_THE TASK_: Using the records below, give the number of lines where the string "erase" shows up. Add nothing to it.

_DATA SHOWN_:
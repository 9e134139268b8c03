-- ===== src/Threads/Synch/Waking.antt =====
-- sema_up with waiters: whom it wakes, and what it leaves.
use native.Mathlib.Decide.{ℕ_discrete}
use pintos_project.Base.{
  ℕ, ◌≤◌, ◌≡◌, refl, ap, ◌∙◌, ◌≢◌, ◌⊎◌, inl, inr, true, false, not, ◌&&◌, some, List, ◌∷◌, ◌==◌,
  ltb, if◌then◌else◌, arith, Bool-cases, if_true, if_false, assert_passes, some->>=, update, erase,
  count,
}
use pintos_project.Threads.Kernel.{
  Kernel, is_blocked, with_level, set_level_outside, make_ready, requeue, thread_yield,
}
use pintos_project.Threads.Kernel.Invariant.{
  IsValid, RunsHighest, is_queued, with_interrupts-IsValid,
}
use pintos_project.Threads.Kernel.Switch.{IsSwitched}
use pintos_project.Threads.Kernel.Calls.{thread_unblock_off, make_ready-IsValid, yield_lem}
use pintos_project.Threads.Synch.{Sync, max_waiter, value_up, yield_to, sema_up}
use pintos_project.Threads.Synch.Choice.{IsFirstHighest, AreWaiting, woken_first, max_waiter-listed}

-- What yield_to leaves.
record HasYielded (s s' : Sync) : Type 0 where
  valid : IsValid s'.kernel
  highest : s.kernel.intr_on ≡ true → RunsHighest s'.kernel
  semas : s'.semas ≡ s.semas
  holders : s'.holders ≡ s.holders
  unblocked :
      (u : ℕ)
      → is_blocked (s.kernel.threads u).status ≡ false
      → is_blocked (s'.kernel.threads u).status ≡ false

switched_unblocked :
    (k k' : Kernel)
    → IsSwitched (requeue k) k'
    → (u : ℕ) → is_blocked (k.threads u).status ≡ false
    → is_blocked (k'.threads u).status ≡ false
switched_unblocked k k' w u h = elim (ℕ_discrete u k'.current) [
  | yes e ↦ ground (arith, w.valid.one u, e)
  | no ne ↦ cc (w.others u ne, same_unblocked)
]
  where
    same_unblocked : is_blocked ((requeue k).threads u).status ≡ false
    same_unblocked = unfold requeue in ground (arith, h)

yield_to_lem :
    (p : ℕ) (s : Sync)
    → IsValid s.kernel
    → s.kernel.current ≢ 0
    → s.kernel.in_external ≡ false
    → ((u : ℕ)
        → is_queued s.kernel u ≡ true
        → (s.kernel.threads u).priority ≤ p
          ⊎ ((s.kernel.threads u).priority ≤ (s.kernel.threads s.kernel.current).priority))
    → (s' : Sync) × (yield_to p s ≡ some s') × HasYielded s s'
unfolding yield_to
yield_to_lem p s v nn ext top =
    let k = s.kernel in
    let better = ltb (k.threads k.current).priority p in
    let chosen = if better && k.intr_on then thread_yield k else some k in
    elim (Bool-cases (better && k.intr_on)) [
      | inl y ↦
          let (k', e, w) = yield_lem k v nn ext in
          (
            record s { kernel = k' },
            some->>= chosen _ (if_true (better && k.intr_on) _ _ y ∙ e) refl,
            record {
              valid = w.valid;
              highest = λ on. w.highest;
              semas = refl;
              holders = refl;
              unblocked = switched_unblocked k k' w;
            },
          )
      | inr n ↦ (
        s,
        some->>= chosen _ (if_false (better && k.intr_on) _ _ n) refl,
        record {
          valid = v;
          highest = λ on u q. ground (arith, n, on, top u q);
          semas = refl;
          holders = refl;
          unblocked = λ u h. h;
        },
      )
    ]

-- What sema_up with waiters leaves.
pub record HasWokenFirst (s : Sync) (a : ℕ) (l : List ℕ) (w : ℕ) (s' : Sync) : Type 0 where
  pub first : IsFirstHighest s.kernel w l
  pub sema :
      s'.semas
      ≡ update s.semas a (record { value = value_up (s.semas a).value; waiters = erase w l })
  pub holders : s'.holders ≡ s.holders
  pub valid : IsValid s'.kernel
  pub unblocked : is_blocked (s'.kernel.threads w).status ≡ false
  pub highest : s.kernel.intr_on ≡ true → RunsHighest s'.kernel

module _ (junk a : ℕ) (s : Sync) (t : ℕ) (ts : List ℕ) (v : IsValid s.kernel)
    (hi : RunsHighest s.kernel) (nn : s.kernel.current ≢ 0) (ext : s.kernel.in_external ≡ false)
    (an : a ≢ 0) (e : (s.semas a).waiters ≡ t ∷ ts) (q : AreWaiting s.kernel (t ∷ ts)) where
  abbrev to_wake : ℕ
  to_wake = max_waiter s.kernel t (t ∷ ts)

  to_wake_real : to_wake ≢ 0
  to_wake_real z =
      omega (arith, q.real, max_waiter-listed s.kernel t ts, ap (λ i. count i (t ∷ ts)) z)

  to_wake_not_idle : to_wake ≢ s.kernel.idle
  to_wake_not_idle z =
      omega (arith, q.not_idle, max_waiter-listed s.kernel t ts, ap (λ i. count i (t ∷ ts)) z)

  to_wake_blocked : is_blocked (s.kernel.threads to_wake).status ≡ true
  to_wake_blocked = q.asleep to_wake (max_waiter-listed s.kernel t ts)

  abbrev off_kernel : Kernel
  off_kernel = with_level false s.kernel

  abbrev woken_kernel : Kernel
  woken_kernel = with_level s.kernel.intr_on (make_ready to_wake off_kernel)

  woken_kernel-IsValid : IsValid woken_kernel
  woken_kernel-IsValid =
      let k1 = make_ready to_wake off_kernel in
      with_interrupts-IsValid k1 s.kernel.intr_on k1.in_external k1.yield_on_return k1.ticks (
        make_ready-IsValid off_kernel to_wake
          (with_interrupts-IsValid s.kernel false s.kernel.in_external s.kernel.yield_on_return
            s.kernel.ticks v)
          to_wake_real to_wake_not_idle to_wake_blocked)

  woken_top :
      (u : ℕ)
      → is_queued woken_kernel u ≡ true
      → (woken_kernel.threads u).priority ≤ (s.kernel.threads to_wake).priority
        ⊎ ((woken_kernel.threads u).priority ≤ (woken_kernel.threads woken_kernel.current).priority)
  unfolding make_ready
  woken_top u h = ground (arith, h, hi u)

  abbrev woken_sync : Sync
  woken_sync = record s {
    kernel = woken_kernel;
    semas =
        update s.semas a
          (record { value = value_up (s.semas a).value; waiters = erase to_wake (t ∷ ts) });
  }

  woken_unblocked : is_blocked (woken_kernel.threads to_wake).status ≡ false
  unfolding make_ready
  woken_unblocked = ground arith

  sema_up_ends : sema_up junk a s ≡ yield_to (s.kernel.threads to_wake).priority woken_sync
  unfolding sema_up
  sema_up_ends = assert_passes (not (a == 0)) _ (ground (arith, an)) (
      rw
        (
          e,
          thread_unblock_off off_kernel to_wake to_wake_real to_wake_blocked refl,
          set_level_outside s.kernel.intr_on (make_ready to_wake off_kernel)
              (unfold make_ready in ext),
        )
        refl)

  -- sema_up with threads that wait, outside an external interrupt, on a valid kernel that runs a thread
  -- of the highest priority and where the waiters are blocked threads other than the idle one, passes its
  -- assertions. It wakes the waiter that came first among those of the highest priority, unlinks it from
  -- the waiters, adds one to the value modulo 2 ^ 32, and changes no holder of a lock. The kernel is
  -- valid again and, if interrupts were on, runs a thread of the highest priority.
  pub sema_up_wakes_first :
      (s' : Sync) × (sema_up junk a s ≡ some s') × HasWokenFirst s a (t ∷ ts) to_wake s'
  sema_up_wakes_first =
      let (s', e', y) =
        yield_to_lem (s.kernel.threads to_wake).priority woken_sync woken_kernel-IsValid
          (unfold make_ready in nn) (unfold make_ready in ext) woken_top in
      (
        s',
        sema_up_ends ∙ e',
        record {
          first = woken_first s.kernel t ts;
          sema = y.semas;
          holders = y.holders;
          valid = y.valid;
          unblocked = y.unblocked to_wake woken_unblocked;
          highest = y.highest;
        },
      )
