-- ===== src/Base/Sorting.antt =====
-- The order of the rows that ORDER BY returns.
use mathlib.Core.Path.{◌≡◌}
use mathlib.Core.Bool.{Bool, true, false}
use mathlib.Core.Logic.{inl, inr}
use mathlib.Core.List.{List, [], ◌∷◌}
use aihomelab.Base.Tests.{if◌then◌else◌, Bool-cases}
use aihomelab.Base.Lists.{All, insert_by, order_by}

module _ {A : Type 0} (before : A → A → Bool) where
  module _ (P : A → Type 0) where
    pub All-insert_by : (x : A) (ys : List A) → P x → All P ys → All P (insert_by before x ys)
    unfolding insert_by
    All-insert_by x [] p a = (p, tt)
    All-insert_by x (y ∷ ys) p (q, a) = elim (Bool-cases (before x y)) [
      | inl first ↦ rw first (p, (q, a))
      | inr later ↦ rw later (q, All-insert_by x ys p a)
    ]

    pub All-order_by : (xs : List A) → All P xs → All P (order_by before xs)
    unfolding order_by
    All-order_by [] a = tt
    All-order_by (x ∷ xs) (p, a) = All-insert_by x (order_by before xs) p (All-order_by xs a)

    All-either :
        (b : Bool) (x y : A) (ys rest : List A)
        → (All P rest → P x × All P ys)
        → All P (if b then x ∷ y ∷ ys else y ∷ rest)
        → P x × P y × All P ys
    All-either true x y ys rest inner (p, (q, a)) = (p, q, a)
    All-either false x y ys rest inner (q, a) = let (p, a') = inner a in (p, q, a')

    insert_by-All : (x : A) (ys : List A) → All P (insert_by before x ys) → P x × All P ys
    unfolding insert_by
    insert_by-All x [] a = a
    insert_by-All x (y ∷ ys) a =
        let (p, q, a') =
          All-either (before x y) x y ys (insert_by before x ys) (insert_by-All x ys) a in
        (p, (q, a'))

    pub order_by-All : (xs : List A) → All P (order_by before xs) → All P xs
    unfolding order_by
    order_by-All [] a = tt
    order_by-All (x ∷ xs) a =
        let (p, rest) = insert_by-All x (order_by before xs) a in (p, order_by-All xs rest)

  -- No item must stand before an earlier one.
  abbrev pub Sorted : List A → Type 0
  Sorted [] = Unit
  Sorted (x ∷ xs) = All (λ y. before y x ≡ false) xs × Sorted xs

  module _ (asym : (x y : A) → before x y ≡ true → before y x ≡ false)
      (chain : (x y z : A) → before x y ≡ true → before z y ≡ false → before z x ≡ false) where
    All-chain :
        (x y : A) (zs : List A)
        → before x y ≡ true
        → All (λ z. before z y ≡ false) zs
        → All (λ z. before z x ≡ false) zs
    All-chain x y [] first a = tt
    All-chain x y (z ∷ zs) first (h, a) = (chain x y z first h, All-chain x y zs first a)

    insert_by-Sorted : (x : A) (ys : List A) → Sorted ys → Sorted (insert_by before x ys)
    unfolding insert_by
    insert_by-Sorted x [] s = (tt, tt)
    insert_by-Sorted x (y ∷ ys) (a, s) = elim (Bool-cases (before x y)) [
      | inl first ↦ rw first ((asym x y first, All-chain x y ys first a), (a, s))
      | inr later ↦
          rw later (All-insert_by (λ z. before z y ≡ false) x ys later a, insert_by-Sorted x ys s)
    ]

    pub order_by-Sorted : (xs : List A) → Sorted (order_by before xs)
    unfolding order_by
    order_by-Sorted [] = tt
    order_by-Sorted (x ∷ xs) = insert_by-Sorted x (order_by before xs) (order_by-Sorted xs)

==

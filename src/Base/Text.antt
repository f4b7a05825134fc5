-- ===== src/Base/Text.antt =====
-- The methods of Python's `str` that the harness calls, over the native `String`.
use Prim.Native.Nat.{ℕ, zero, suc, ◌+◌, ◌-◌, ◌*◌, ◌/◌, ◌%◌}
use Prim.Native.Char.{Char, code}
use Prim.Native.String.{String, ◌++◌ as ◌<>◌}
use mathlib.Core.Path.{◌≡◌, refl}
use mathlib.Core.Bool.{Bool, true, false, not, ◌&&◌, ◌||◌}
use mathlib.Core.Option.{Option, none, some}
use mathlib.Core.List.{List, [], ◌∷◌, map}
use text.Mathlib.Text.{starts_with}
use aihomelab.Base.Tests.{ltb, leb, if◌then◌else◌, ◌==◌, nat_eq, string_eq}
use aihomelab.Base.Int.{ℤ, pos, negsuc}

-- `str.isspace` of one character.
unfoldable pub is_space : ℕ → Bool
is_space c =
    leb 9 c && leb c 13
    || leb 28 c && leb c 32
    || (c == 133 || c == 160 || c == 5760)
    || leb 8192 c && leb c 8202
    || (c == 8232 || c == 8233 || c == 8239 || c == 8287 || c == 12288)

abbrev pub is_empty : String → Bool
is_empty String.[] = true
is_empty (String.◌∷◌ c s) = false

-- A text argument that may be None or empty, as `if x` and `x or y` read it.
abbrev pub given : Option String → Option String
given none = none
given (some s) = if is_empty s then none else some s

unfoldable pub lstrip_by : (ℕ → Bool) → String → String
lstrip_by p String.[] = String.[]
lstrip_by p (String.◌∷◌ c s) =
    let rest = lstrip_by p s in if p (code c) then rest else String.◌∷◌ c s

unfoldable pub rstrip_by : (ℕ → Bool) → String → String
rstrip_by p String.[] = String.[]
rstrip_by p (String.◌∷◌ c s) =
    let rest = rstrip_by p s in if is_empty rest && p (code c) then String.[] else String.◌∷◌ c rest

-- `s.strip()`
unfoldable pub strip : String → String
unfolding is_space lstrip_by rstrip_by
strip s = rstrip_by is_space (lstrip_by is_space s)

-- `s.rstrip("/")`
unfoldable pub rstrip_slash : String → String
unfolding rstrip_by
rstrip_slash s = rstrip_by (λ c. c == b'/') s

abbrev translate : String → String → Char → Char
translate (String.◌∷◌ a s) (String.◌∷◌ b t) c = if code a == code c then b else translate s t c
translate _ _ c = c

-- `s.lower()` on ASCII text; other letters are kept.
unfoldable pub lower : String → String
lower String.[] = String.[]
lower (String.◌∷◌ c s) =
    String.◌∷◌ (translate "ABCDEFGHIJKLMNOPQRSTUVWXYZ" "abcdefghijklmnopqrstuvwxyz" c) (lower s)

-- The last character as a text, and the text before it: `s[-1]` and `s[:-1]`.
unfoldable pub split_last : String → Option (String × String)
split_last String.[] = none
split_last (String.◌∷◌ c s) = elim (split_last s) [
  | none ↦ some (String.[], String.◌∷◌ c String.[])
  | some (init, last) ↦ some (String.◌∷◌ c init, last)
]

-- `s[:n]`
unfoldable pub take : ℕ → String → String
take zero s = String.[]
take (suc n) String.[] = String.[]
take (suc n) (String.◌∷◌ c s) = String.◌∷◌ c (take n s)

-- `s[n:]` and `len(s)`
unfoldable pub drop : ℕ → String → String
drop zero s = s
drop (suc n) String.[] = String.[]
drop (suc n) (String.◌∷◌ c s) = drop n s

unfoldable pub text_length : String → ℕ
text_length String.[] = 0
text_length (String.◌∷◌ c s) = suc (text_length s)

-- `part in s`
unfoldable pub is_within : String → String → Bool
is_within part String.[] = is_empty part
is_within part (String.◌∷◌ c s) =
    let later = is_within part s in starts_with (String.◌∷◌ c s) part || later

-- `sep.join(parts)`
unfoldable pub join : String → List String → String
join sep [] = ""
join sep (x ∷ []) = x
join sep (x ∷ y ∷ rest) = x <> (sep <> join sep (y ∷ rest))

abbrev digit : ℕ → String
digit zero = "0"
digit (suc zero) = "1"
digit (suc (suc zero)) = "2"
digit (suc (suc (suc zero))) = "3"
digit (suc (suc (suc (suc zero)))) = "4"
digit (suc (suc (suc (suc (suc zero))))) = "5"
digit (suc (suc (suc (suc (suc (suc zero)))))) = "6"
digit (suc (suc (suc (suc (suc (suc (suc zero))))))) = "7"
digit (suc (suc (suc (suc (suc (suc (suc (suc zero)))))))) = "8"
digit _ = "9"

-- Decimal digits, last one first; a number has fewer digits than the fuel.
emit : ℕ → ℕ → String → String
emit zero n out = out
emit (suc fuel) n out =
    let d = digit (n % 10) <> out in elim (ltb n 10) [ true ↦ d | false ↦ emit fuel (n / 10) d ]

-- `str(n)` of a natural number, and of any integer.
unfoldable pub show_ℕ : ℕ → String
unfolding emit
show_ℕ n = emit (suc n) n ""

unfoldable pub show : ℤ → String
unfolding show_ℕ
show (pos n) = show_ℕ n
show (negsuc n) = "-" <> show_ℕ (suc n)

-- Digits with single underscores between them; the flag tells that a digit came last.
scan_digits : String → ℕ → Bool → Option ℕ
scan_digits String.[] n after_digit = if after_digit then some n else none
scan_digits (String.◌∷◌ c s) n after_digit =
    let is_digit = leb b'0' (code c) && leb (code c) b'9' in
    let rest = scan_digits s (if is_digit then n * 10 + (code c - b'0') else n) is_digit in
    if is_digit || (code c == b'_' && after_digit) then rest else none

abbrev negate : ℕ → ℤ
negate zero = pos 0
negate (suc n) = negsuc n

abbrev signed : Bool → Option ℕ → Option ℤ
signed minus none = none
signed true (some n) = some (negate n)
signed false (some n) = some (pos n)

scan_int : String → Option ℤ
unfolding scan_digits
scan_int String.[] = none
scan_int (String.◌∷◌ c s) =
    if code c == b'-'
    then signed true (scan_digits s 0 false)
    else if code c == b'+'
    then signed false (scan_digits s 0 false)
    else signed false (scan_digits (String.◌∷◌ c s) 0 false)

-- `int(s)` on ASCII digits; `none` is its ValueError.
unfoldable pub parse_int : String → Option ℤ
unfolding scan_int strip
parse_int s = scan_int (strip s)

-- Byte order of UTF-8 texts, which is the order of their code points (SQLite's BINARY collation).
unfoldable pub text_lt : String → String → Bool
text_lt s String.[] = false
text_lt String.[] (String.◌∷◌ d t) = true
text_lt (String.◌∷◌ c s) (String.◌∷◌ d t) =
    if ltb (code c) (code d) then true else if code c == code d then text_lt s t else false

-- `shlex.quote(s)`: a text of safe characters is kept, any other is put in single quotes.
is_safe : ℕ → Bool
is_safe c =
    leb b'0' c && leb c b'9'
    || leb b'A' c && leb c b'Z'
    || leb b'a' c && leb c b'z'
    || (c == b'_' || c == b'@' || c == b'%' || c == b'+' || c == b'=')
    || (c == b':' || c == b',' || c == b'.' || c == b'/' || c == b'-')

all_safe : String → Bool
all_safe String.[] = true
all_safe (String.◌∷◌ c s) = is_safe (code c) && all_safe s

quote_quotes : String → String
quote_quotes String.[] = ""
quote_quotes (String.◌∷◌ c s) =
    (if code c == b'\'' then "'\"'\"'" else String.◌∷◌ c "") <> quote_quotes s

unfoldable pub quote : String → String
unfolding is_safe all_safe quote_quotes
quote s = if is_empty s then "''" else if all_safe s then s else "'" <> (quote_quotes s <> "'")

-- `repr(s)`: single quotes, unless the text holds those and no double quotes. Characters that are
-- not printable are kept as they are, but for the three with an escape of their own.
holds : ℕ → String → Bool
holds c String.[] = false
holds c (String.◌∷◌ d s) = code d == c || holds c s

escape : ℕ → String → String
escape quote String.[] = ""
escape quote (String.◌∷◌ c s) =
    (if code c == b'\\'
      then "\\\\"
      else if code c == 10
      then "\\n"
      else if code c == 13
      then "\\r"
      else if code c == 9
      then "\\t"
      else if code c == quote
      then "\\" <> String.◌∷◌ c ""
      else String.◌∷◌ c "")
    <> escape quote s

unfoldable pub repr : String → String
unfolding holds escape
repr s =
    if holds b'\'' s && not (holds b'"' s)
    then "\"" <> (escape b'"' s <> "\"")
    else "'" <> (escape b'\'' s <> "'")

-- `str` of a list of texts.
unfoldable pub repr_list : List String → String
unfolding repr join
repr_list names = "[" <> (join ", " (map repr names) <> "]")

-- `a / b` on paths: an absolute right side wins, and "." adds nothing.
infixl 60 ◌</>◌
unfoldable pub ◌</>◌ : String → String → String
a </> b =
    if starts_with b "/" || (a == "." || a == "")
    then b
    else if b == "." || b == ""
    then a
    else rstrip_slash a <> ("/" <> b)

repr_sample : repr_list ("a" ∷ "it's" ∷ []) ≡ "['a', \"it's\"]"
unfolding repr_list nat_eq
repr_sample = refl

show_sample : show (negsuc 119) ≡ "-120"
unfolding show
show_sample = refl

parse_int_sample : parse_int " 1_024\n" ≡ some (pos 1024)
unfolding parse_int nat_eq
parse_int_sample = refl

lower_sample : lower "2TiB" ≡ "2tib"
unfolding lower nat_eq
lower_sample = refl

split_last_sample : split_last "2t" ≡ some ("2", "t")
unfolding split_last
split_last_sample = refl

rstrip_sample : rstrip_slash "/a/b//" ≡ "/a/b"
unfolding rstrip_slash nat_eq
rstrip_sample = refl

---

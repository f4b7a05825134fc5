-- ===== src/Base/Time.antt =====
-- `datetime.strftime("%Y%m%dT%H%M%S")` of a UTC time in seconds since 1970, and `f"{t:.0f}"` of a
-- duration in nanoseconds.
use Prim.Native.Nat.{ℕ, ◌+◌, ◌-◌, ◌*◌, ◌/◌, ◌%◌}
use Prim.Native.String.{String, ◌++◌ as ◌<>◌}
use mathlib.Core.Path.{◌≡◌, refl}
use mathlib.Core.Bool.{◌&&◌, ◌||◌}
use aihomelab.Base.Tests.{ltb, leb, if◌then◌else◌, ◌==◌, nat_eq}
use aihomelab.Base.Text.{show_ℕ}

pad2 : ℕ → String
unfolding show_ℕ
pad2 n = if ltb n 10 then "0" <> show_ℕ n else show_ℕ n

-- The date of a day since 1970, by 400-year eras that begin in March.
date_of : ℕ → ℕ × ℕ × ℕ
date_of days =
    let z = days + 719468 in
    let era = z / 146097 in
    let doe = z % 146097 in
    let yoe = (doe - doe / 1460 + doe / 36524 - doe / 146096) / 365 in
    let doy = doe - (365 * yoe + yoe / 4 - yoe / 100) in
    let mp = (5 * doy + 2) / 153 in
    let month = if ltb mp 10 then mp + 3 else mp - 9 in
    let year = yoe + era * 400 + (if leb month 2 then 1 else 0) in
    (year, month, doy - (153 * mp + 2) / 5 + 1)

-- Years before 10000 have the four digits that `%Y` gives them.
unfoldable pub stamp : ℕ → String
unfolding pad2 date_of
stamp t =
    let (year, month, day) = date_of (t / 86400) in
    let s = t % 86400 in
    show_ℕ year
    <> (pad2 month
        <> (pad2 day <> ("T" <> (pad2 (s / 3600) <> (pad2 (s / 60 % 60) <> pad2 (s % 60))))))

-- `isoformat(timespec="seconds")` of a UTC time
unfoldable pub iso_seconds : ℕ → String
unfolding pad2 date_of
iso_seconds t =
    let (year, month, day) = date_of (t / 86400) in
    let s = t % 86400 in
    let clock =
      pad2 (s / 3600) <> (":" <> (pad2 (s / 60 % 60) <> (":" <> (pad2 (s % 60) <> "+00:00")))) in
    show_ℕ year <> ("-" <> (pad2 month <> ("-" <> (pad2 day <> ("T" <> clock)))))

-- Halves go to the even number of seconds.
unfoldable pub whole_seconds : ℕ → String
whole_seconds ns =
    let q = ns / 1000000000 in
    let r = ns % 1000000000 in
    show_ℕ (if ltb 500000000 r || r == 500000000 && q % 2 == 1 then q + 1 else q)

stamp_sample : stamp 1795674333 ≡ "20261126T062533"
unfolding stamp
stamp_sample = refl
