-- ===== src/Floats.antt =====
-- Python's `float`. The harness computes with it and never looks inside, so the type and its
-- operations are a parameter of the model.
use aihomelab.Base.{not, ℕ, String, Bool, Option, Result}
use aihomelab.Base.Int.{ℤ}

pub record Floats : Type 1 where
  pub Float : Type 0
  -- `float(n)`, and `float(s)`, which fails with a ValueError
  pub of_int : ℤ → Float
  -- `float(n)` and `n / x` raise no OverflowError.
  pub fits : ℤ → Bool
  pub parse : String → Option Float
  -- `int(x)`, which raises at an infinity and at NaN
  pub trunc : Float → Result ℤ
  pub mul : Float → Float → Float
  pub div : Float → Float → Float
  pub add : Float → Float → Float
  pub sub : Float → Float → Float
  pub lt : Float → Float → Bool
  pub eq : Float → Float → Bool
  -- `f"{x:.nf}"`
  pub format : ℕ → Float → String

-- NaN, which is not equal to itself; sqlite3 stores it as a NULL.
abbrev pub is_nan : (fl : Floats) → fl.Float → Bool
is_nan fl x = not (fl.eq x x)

_ANSWER TO THIS PROBLEM_: 3